*DIRECTIONS*. Reproduce the records below exactly, but only between the lines holding "delays_after c delays pause_called = []" and "delays_after c delays (dispatched_called", inclusive.

[Records excerpted from a collection]
——————

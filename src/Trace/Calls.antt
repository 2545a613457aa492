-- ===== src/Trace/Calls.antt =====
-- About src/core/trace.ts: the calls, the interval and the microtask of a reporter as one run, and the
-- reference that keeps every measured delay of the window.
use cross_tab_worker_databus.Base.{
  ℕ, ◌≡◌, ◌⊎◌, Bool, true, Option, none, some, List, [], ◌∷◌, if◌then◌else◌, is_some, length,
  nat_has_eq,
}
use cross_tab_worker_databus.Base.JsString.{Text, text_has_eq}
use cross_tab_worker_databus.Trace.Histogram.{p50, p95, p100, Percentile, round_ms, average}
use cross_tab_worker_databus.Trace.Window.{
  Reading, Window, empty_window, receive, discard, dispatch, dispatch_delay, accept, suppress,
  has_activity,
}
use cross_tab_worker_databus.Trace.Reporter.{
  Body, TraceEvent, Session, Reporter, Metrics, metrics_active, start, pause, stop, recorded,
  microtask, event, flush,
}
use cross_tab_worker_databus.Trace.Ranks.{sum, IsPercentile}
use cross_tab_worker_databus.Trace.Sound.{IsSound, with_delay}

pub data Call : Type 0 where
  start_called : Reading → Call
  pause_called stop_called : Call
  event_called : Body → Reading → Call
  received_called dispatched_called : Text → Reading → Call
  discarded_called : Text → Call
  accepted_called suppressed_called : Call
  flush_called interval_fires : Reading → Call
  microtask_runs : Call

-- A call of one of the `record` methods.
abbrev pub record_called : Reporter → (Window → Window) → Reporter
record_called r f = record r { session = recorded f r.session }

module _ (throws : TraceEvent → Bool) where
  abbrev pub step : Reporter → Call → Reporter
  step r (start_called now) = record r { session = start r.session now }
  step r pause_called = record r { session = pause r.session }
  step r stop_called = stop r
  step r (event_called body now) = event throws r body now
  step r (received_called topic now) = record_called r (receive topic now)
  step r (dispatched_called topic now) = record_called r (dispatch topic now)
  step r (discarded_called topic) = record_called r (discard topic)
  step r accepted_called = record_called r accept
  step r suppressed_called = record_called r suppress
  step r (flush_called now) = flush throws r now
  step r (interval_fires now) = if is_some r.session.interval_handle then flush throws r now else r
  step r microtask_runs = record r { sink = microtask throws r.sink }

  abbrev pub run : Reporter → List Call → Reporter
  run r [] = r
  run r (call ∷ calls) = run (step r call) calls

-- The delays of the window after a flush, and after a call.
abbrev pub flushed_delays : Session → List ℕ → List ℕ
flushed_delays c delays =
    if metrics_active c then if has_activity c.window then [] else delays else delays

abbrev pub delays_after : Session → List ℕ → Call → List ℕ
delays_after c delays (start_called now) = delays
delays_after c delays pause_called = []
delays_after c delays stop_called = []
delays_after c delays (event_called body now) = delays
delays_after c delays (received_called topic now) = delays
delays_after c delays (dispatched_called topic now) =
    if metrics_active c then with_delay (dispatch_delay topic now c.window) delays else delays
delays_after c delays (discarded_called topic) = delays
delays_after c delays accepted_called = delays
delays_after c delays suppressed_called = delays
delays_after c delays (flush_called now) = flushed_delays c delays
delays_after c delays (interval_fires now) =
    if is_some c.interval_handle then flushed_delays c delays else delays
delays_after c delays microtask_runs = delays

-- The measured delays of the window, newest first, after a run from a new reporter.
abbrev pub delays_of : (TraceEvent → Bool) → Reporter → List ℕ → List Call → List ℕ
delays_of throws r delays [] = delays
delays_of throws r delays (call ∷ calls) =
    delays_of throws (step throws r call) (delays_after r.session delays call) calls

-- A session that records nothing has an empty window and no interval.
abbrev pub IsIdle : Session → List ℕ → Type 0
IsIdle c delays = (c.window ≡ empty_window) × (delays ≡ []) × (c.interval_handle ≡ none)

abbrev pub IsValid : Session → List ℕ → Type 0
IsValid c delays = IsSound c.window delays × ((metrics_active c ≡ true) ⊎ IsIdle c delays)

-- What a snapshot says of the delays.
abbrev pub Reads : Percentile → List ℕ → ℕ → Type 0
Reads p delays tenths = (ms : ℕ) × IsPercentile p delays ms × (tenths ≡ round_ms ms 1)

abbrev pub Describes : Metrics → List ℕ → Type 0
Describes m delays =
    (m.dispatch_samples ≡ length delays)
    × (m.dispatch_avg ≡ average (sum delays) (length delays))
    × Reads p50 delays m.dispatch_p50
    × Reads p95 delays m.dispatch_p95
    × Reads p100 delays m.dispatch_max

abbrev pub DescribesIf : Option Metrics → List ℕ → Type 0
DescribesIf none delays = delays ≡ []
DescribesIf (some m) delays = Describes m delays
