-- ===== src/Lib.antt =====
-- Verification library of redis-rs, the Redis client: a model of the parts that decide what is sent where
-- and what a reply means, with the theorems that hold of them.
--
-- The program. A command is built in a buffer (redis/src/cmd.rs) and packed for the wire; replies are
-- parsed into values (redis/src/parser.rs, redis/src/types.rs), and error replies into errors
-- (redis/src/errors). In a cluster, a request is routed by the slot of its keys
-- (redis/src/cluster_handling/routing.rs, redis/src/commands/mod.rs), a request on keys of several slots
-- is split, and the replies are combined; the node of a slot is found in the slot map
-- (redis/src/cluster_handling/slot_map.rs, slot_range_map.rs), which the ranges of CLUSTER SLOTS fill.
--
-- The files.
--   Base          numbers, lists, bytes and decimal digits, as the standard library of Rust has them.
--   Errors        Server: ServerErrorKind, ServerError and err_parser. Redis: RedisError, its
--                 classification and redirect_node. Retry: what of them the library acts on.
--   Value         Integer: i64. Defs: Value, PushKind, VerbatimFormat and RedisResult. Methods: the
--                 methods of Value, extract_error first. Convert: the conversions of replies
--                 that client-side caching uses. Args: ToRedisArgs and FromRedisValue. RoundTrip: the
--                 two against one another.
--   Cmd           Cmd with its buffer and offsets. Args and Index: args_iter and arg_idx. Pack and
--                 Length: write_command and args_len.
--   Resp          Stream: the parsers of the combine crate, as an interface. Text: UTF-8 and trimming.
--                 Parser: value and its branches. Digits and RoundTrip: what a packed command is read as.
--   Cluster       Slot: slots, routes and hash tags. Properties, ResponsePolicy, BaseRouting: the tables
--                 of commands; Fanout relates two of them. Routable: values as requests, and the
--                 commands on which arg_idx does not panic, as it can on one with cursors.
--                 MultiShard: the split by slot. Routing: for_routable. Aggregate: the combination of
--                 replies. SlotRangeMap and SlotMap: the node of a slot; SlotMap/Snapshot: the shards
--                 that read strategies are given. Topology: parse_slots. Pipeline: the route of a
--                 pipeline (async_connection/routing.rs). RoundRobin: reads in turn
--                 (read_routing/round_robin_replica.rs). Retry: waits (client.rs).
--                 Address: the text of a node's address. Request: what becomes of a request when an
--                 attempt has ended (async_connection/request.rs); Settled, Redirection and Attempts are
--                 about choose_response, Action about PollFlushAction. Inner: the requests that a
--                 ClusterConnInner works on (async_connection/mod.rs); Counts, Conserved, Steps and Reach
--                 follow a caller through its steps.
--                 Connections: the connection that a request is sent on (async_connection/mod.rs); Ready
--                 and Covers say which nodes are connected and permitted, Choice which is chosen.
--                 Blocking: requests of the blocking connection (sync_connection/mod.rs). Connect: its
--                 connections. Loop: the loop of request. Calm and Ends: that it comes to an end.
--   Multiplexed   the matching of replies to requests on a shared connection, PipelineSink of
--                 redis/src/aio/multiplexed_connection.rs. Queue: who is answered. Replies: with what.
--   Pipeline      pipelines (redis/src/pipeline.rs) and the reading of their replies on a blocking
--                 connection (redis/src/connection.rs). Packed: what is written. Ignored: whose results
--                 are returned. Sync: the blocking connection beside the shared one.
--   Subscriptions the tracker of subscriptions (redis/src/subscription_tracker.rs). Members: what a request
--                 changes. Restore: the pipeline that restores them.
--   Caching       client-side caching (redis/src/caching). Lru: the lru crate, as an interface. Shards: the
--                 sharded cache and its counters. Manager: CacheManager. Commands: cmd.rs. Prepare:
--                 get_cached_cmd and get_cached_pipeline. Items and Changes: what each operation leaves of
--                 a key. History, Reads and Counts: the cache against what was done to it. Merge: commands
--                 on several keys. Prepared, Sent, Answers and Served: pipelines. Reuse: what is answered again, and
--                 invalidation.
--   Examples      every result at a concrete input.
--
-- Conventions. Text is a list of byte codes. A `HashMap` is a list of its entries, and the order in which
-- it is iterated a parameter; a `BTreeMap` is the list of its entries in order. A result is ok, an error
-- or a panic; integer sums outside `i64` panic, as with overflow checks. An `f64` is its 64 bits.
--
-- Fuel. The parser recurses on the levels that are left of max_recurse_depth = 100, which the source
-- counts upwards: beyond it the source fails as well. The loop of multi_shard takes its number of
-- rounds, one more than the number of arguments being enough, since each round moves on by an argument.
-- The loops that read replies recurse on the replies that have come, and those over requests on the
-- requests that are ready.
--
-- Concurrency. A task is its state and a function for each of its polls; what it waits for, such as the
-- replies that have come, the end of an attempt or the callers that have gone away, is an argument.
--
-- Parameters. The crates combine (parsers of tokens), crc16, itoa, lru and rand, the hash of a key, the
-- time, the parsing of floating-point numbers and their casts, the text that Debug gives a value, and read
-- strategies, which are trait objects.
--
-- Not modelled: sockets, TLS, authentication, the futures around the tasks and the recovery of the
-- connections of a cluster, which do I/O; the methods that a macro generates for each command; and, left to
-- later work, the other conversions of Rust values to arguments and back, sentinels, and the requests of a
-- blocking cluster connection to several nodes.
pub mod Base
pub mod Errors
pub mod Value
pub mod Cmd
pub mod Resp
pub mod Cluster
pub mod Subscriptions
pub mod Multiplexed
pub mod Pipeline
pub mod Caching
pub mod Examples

——————

*FINISHED EXERCISE*.
delays_after c delays pause_called = []
delays_after c delays stop_called = []
delays_after c delays (event_called body now) = delays
delays_after c delays (received_called topic now) = delays
delays_after c delays (dispatched_called topic now) =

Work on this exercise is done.